Since curcumin suppresses VEGF release in pituitary adenomas, it has been suspected that it may inhibit pituitary adenoma progression not only through anti-proliferative and pro-apoptotic actions, but also by suppressing pituitary tumor neovascularization (22). Our results strongly support the notion that curcumin has an important impact on lactotrophs and their VEGF production. It is also notable that estradiol stimulates VEGF and interleukin-6 in human lactotroph and lactosomatotroph pituitary adenomas (23). Estrogen administration enhances the expression of proangiogenic factors (e.g., VEGF) in pituitary grafts (24). Indeed, prolactinomas show higher VEGF protein expression compared to nonfunctioning or ACTH- and GH-secreting adenomas (25). The overexpression of vascular endothelial growth factor in pituitary adenomas is associated with extracellular growth and recurrence. Therefore VEGF and its receptors (VEGFR’s) may play an important clinical role in targeted tumor therapy of pituitary tumors (26).

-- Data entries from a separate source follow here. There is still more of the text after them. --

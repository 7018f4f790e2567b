-- ===== src/SparseBlock/Reader.antt =====
-- The `Reader` of internal/sparseblock/reader.go over an `io.ReaderAt`, which is a parameter as is the protobuf
-- message of the header. Sizes and offsets are not negative; an int64 is its bit pattern.
use logblock.Prelude.{
  ℕ, zero, suc, ◌+◌, ◌*◌, ◌/◌, ◌%◌, ◌^◌, Bool, not, ◌&&◌, ◌||◌, Option, none, some, List, [], ◌∷◌,
  if◌then◌else◌, ltb, slt, ◌==◌, add64, Bytes, bytes_equal, of_le, length, take, drop, get_elem?,
}
use logblock.SparseBlock.{
  magic, RangeEntry, BlockEntry, unmarshal_range, unmarshal_block, entry_length,
}

pub data ReadStatus : Type 0 where
  done eof failed : ReadStatus

-- `pb.Header`
pub record Header : Type 0 where
  pub version : ℕ
  pub block_size : ℕ
  pub num_range_entries : ℕ
  pub range_entry_size : ℕ
  pub num_block_entries : ℕ
  pub block_entry_size : ℕ
  pub total_blocks : ℕ
  pub total_data_blocks : ℕ
  pub end_block : ℕ

pub data LoadError : Type 0 where
  read_error : ReadStatus → LoadError
  invalid_magic unmarshal_error unsupported_version invalid_block_size : LoadError

-- A result, an error, or a panic
pub data Result (A : Type 0) : Type 0 where
  ok : A → Result A
  err : LoadError → Result A
  panic : Result A

-- `readerIndexEntry`; all entries are of data.
pub record ReaderIndexEntry : Type 0 where
  pub offset : ℕ
  pub length : ℕ
  pub data_offset : ℕ
  pub range_index : ℕ
  pub entry_index : ℕ

-- `Contains`
unfoldable pub entry_contains : ReaderIndexEntry → ℕ → Bool
entry_contains e off = not (slt off e.offset) && slt off (add64 e.offset e.length)

-- `Reader` without its `io.ReaderAt`
pub record Reader : Type 0 where
  pub header : Header
  pub data_offset : ℕ
  pub ranges : List RangeEntry
  pub entry_buf : Bytes

unfoldable pub mul64 : ℕ → ℕ → ℕ
mul64 a b = (a * b) % 2 ^ 64

-- `Size`, `LiveSize` and `DataSize`
unfoldable pub size : Reader → ℕ
size r = mul64 r.header.end_block r.header.block_size

unfoldable pub live_size : Reader → ℕ
live_size r = mul64 r.header.total_blocks r.header.block_size

-- The loop over the ranges of `readIndex`; `none` is a slice out of bounds.
unfoldable pub unmarshal_ranges : ℕ → ℕ → ℕ → Bytes → Option (List RangeEntry)
unmarshal_ranges zero entry_size entry_count buf = some []
unmarshal_ranges (suc n) entry_size entry_count buf =
    if ltb (length buf) entry_size || ltb entry_size 7 || ltb (length buf) 16
    then none
    else let re = unmarshal_range buf (record {
      start_offset = 0;
      data_offset = 0;
      num_entries = 0;
      first_entry_index = entry_count;
    }) in
      elim (unmarshal_ranges n entry_size (entry_count + re.num_entries) (drop entry_size buf)) [
        | none ↦ none
        | some rs ↦ some (re ∷ rs)
      ]

module _ (read_at : ℕ → ℕ → Bytes × ReadStatus) (unmarshal_header : Bytes → Option Header) where
  -- `readIndex` from the header on
  unfoldable pub load_ranges : ℕ → Header → Result Reader
  load_ranges header_size h =
      if not (h.version == 1)
      then err unsupported_version
      else if ltb h.block_size 512 || ltb 1048576 h.block_size
      then err invalid_block_size
      else if h.num_range_entries == 0 || h.num_block_entries == 0
      then ok (record { header = h; data_offset = 0; ranges = []; entry_buf = [] })
      else let range_size = (h.num_range_entries * h.range_entry_size) % 2 ^ 32 in
        let entry_size = (h.num_block_entries * h.block_entry_size) % 2 ^ 32 in
        let range_offset = 20 + header_size in
        let ranges = read_at range_size range_offset in
        let entries = read_at entry_size (range_offset + range_size) in
        elim ranges.1 [
          | eof ↦ err (read_error eof)
          | failed ↦ err (read_error failed)
          | done ↦ elim entries.1 [
            | eof ↦ err (read_error eof)
            | failed ↦ err (read_error failed)
            | done ↦ elim (unmarshal_ranges h.num_range_entries h.range_entry_size 0 ranges.0) [
              | none ↦ panic
              | some rs ↦ ok (record {
                header = h;
                data_offset = range_offset + (range_size + entry_size);
                ranges = rs;
                entry_buf = entries.0;
              })
            ]
          ]
        ]

  -- `readIndex` of a reader without an index, as `Load` calls it
  unfoldable pub load : Result Reader
  load =
      let start = read_at 20 0 in
      elim start.1 [
        | eof ↦ err (read_error eof)
        | failed ↦ err (read_error failed)
        | done ↦
            if not (bytes_equal (take 16 start.0) magic)
            then err invalid_magic
            else let header_size = of_le (drop 16 start.0) in
              let buf = read_at header_size 20 in
              elim buf.1 [
                | eof ↦ err (read_error eof)
                | failed ↦ err (read_error failed)
                | done ↦ elim (unmarshal_header buf.0) [
                  | none ↦ err unmarshal_error
                  | some h ↦ load_ranges header_size h
                ]
              ]
      ]

-- `parseBlockEntry`; `none` is a slice out of bounds.
unfoldable pub parse_block_entry : Reader → ℕ → Option BlockEntry
parse_block_entry r i =
    let buf = drop (i * r.header.block_entry_size) r.entry_buf in
    if ltb (length buf) r.header.block_entry_size || ltb r.header.block_entry_size 3
    then none
    else some (unmarshal_block buf)

-- `fillEntry`, with the data offset that its callers fill in
unfoldable pub fill_entry : Reader → ℕ → ℕ → ℕ → Option ReaderIndexEntry
fill_entry r range_index block_index data_offset = elim (get_elem? r.ranges range_index) [
  | none ↦ none
  | some re ↦ elim (parse_block_entry r block_index) [
    | none ↦ none
    | some be ↦ some (record {
      offset = mul64 (re.start_offset + be.offset) r.header.block_size;
      length = mul64 (entry_length be) r.header.block_size;
      data_offset = data_offset;
      range_index = range_index;
      entry_index = block_index;
    })
  ]
]

-- `sort.Search` for the first range that starts after the block; the ranges are in order.
unfoldable pub search_ranges : ℕ → List RangeEntry → ℕ
search_ranges off [] = 0
search_ranges off (r ∷ rs) =
    let rest = search_ranges off rs in if slt off r.start_offset then 0 else suc rest

-- What `getNextEntry` finds: an entry, none, or a panic
pub data Found : Type 0 where
  found : ReaderIndexEntry → Found
  not_found out_of_range : Found

unfoldable pub found_entry : Option ReaderIndexEntry → Found
found_entry none = out_of_range
found_entry (some e) = found e

-- After the entries of a range: the first entry of the next one
unfoldable pub next_range_entry : Reader → ℕ → Found
next_range_entry r ri = elim (get_elem? r.ranges ri) [
  | none ↦ not_found
  | some re ↦
      found_entry (fill_entry r ri re.first_entry_index (mul64 re.data_offset r.header.block_size))
]

-- The loop over `n` entries of a range
unfoldable pub scan_range : Reader → ℕ → RangeEntry → ℕ → ℕ → ℕ → ℕ → Found
scan_range r ri re off zero ei data_block_offset = next_range_entry r (ri + 1)
scan_range r ri re off (suc n) ei data_block_offset = elim (parse_block_entry r ei) [
  | none ↦ out_of_range
  | some entry ↦
      let entry_off = re.start_offset + entry.offset in
      let rest = scan_range r ri re off n (ei + 1) (data_block_offset + entry_length entry) in
      if not (slt entry_off off)
        || (not (slt off entry_off) && slt off (entry_off + entry_length entry))
      then found_entry (fill_entry r ri ei (mul64 data_block_offset r.header.block_size))
      else rest
]

-- `getNextEntry` of a block
unfoldable pub get_next_entry : Reader → ℕ → Found
get_next_entry r off = elim (search_ranges off r.ranges) [
  | zero ↦ found_entry (fill_entry r 0 0 0)
  | suc ri ↦ elim (get_elem? r.ranges ri) [
    | none ↦ out_of_range
    | some re ↦ scan_range r ri re off re.num_entries re.first_entry_index re.data_offset
  ]
]

-- A position, io.EOF, or a panic
pub data Position : Type 0 where
  position : ℕ → Position
  end_of_file position_panic : Position

-- `NextData`
unfoldable pub next_data : Reader → ℕ → Position
next_data r off = elim (get_next_entry r (off / r.header.block_size)) [
  | found e ↦ if entry_contains e off then position off else position e.offset
  | not_found ↦ end_of_file
  | out_of_range ↦ position_panic
]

Results of in vivo studies cannot exclude the involvement of contributing factors, i.e., cells or ECM molecules. In vitro studies performed to examine the effects of VEGF on endothelial cells show that VEGF in the presence of a basal lamina-type ECM specifically induces fenestrations in endothelial cells (27). Other data suggest that Matrigel is necessary to prevent biased functions of cells in culture. It is well documented that epithelial cells dedifferentiate in vitro when cultured on plastic (28). Our results demonstrate that lactotrophs are positive for pan-cytokeratin (data not shown), which is typical for epithelial cells, implying that these cells also need ECM for adequate function. With quantification of VEGF in the culture medium by ELISA, it was apparent that Matrigel inhibits VEGF secretion from pituitary cells in culture. As demonstrated by several authors, ECM supports pituitary cell function. Matrigel reduces proliferation and increases prolactin expression of GH3 cells (29). Pituitary cells cultured on plastic produce elevated amounts of VEGF, which is explained by the increased cellular stress that is induced by the artificial plastic surface. Consequently, the cell culture of lactotrophs on ECM better reflects the physiologic conditions compared to uncoated plastic due to disturbed cell function.

In the present study, we demonstrated for the first time, that lactotrophs, which represent ~50% of the anterior pituitary gland cells, are the major source of VEGF production in vitro as in vivo. This is important for the interpretation of anti-angiogenic treatment and therapeutic response of pituitary tumors treated with anti-VEGF therapy.

ECM is able to influence VEGF release in primary cell culture. We conclude that in vitro studies with cell lines and primary cell cultures should be performed on ECM to avoid false results.